Hauteville-House, 4 avril 1866.

On écrirait un livre rien que pour vous faire écrire une page[2]. Ô frère de mon esprit, je vous salue et je vous remercie. Quand l’édifice est bâti, c’est vous qui mettez sur le faîte le drapeau de lumière. Vous créez sur une création ; vous êtes le magnifique explicateur ; vous écrivez le poëme du poëme, le mot du sphinx, le cri des profondeurs. Cette grande critique que vous faites est en même temps une grande philosophie ; elle marque dans notre temps comme une traînée de flamme au milieu de l’ombre. Vous êtes un des sauveurs de l’idéal. Cette gloire s’attachera à votre nom.

Ce qui échappe à la mer n’échappe pas à la femme ; tel est le sujet de ce livre, et comme vous l’avez compris ! et comme vous le faites comprendre ! Pour être aimé, Gilliatt fait tout, Ebenezer rien ; et c’est Ebenezer qui est aimé. Ebenezer a la beauté de l’âme et du corps, et avec ce double rayon il n’a qu’à paraître pour triompher. Gilliatt lui aussi a ces deux beautés, mais le masque du travail terrible est dessus. C’est de sa grandeur même que vient sa défaite.
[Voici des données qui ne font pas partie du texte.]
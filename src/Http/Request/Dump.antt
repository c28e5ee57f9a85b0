-- ===== src/Http/Request/Dump.antt =====
-- The text that HttpRequest::dump of mingfwq/http/http.cpp writes, as its receiver reads it.
use mathlib.Core.Option
use mathlib.Core.Path.{ap₂}
use mingfwq.Prelude.{
  is_empty, ℕ, ◌≡◌, refl, ap, ◌∙◌, some, List, [], ◌∷◌, ◌++◌, if◌then◌else◌, take, drop,
  take-length_append, drop-length_append, All,
}
use mingfwq.Http.Method.{http_method_to_string}
use mingfwq.Http.Printing.{crlf, version_text}
use mingfwq.Http.Reading.{Lacks, Received, receive, announced, take_body}
use mingfwq.Http.Reading.Firsts.{
  RequestLine, read_request_line, IsTarget, read_request_line_lem, http_version,
}
use mingfwq.Http.Reading.Lines.{
  IsField, Reads, Reads-end, Reads-print_headers, colon, kept, read_message-Reads,
}
use mingfwq.Http.Reading.Sent.{
  connection_field, length_fields, GivesNoLength, Reads-length, Reads-connection, announced-kept,
  announced-connection_field, announced-length_field,
}
use mingfwq.Http.Request.{HttpRequest, request_line, request_end, request_dump}

-- A request whose parts do not end its lines or one another, with no length of its own among its
-- headers.
pub record IsSendable (r : HttpRequest) : Type 0 where
  pub first_line : Lacks 13 (request_line r)
  pub method_word : Lacks b' ' (http_method_to_string r.method)
  pub target : IsTarget r.path r.query r.fragment
  pub header_lines : All IsField r.headers
  pub own_length : GivesNoLength r.headers

-- The first line: the name of the method, the parts of the target and the version.
pub sent_line : HttpRequest → RequestLine
sent_line r = record {
  method = http_method_to_string r.method;
  path = r.path;
  query = r.query;
  fragment = r.fragment;
  version = http_version r.version;
}

read_request_line-request_line :
    (r : HttpRequest) → IsSendable r → read_request_line (request_line r) ≡ sent_line r
unfolding request_line version_text sent_line
read_request_line-request_line r h =
    read_request_line_lem (http_method_to_string r.method) r.path r.query r.fragment
      (http_version r.version) h.method_word h.target

-- What a receiver has of a request: the connection first, then its other headers in their order.
abbrev pub sent_request : HttpRequest → List ℕ → Received
sent_request r first = record {
  first = first;
  fields = connection_field r.close ∷ (kept r.headers ++ length_fields r.body);
  body = r.body;
  left = if is_empty r.body then [] else crlf;
}

after_request : List ℕ → List ℕ
after_request body = if is_empty body then [] else body ++ crlf

Reads-request_end :
    (body : List ℕ) → Reads (request_end body) (length_fields body) (after_request body)
unfolding request_end length_fields after_request
Reads-request_end [] = Reads-end []
Reads-request_end (b ∷ bs) = Reads-length (b ∷ bs) (b ∷ bs ++ crlf)

-- The length of the body cuts it off from the line end that follows it.
body_apart :
    (body : List ℕ)
    → (take (announced (length_fields body)) (after_request body) ≡ body)
      × (drop (announced (length_fields body)) (after_request body)
          ≡ (if is_empty body then [] else crlf))
unfolding length_fields after_request
body_apart [] = (refl, refl)
body_apart (b ∷ bs) =
    rw (announced-length_field (b ∷ bs))
      (take-length_append (b ∷ bs) crlf, drop-length_append (b ∷ bs) crlf)

announced_request :
    (r : HttpRequest)
    → IsSendable r
    → announced (sent_request r []).fields ≡ announced (length_fields r.body)
announced_request r h =
    announced-connection_field r.close (kept r.headers ++ length_fields r.body)
    ∙ announced-kept r.headers (length_fields r.body) h.own_length

received_dump :
    (r : HttpRequest)
    → IsSendable r
    → receive (request_dump r) ≡ some (sent_request r (request_line r))
unfolding request_dump receive
received_dump r h =
    ap (Option.map take_body) (
      read_message-Reads (request_line r) h.first_line (
        Reads-connection r.close
          (Reads-print_headers r.headers colon h.header_lines (Reads-request_end r.body))))
    ∙ ap (λ n. some (received n)) (announced_request r h)
    ∙ ap₂ (λ body left. some (filled body left)) (body_apart r.body).0 (body_apart r.body).1
  where
    filled : List ℕ → List ℕ → Received
    filled body left = record {
      first = request_line r;
      fields = connection_field r.close ∷ (kept r.headers ++ length_fields r.body);
      body = body;
      left = left;
    }

    received : ℕ → Received
    received n = filled (take n (after_request r.body)) (drop n (after_request r.body))

-- A request is received as it was sent, if its method's name has no space, its path no space, "?"
-- and "#", its query no space and "#", its fragment no space, its first line no carriage return,
-- its headers names without colon and carriage return and values without carriage return and
-- without a space in front, and none of them is a content-length. The first line reads as the name
-- of the method, the path, the query, the fragment and the version; behind it come the connection
-- field, "close" or "keep-alive" as the request says, the headers but those named connection in any
-- case, the length field when there is a body, and the body. With a body, the two bytes of a line
-- end are left over behind the message.
pub receive-request_dump :
    (r : HttpRequest)
    → IsSendable r
    → (first : List ℕ) × (receive (request_dump r) ≡ some (sent_request r first))
      × (read_request_line first ≡ sent_line r)
receive-request_dump r h = (request_line r, received_dump r h, read_request_line-request_line r h)
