-- ===== src/Http/Response/Dump.antt =====
-- The text that HttpResponse::dump of mingfwq/http/http.cpp writes, as its receiver reads it.
use mathlib.Core.Option
use mathlib.Core.Path.{ap₂}
use mingfwq.Prelude.{
  is_empty, if◌then◌else◌, ℕ, ◌≡◌, refl, ap, ◌∙◌, some, List, [], ◌∷◌, ◌++◌, length, take, drop,
  take-all, drop-all, All, arith,
}
use mingfwq.Http.Method.{http_status_to_string}
use mingfwq.Http.Printing.{version_text}
use mingfwq.Http.Reading.{Lacks, Received, receive, announced, take_body}
use mingfwq.Http.Reading.Firsts.{StatusLine, read_status_line, read_status_line_lem, http_version}
use mingfwq.Http.Reading.Lines.{
  IsField, Reads, Reads-end, Reads-print_headers, colon_space, kept, read_message-Reads,
}
use mingfwq.Http.Reading.Sent.{
  connection_field, length_fields, GivesNoLength, Reads-length, Reads-connection, announced-kept,
  announced-connection_field, announced-length_field,
}
use mingfwq.Http.Response.{HttpResponse, status_line, response_end, response_dump}

-- A response whose parts do not end its lines, with no length of its own among its headers.
pub record IsSendable (r : HttpResponse) : Type 0 where
  pub first_line : Lacks 13 (status_line r)
  pub header_lines : All IsField r.headers
  pub own_length : GivesNoLength r.headers

-- The first line: the version, the status, and the reason, which is the description of the status
-- if the response gives none.
pub sent_line : HttpResponse → StatusLine
sent_line r = record {
  version = http_version r.version;
  status = r.status;
  reason = reason_of r.reason;
}
  where
    reason_of : List ℕ → List ℕ
    reason_of [] = http_status_to_string r.status
    reason_of (b ∷ bs) = b ∷ bs

read_status_line-status_line : (r : HttpResponse) → read_status_line (status_line r) ≡ sent_line r
unfolding status_line version_text sent_line
read_status_line-status_line r =
    read_status_line_lem r.version r.status
      (if is_empty r.reason then http_status_to_string r.status else r.reason)
    ∙ ap (λ t. record { version = http_version r.version; status = r.status; reason = t })
        (same r.reason)
  where
    same :
        (t : List ℕ)
        → (if is_empty t then http_status_to_string r.status else t)
          ≡ (sent_line (record r { reason = t })).reason
    same [] = refl
    same (b ∷ bs) = refl

-- What a receiver has of a response: its headers in their order, then the connection.
abbrev pub sent_response : HttpResponse → List ℕ → Received
sent_response r first = record {
  first = first;
  fields = kept r.headers ++ (connection_field r.close ∷ length_fields r.body);
  body = r.body;
  left = [];
}

Reads-response_end : (body : List ℕ) → Reads (response_end body) (length_fields body) body
unfolding response_end length_fields
Reads-response_end [] = Reads-end []
Reads-response_end (b ∷ bs) = Reads-length (b ∷ bs) (b ∷ bs)

announced_body : (body : List ℕ) → announced (length_fields body) ≡ length body
unfolding length_fields
announced_body [] = refl
announced_body (b ∷ bs) = announced-length_field (b ∷ bs)

announced_response :
    (r : HttpResponse) → IsSendable r → announced (sent_response r []).fields ≡ length r.body
announced_response r h =
    announced-kept r.headers (connection_field r.close ∷ length_fields r.body) h.own_length
    ∙ announced-connection_field r.close (length_fields r.body)
    ∙ announced_body r.body

received_dump :
    (r : HttpResponse)
    → IsSendable r
    → receive (response_dump r) ≡ some (sent_response r (status_line r))
unfolding response_dump receive
received_dump r h =
    ap (Option.map take_body) (
      read_message-Reads (status_line r) h.first_line (
        Reads-print_headers r.headers colon_space h.header_lines
          (Reads-connection r.close (Reads-response_end r.body))))
    ∙ ap (λ n. some (filled (take n r.body) (drop n r.body))) (announced_response r h)
    ∙ ap₂ (λ body left. some (filled body left)) (take-all (length r.body) r.body (omega arith))
        (drop-all (length r.body) r.body (omega arith))
  where
    filled : List ℕ → List ℕ → Received
    filled body left = record {
      first = status_line r;
      fields = kept r.headers ++ (connection_field r.close ∷ length_fields r.body);
      body = body;
      left = left;
    }

-- A response is received as it was sent, if its first line has no carriage return, its headers names
-- without colon and carriage return and values without carriage return and without a space in
-- front, and none of them is a content-length. The first line reads as the version, the status and
-- the reason, which is the description of the status if the response has none; behind it come
-- the headers but those named connection in any case, the connection field, "close" or
-- "keep-alive" as the response says, the length field when there is a body, and the body, with
-- nothing left over behind the message.
pub receive-response_dump :
    (r : HttpResponse)
    → IsSendable r
    → (first : List ℕ) × (receive (response_dump r) ≡ some (sent_response r first))
      × (read_status_line first ≡ sent_line r)
receive-response_dump r h = (status_line r, received_dump r h, read_status_line-status_line r)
Je me laisse aller à causer avec vous. Je viens de vous lire, et il me semble que c’est un dialogue entamé. Quand vous verrai-je ? Quand me sera-t-il donné de serrer cette main qui a écrit tant de pages superbes et profondes, et qui fait la critique chef-d’œuvre ! Dites-vous que vous êtes un des points d’appui du poëte solitaire. Une page de vous est un cordial. Il y a entre vous et moi un mystérieux va-et-vient d’âme à âme. Vous me dites : Courage ! et je vous dis : Merci !

  1. Correspondance entre Victor Hugo et Paul Meurice.
  2. Feuilleton sur Les Travailleurs de la Mer. La Presse, 4 avril 1866.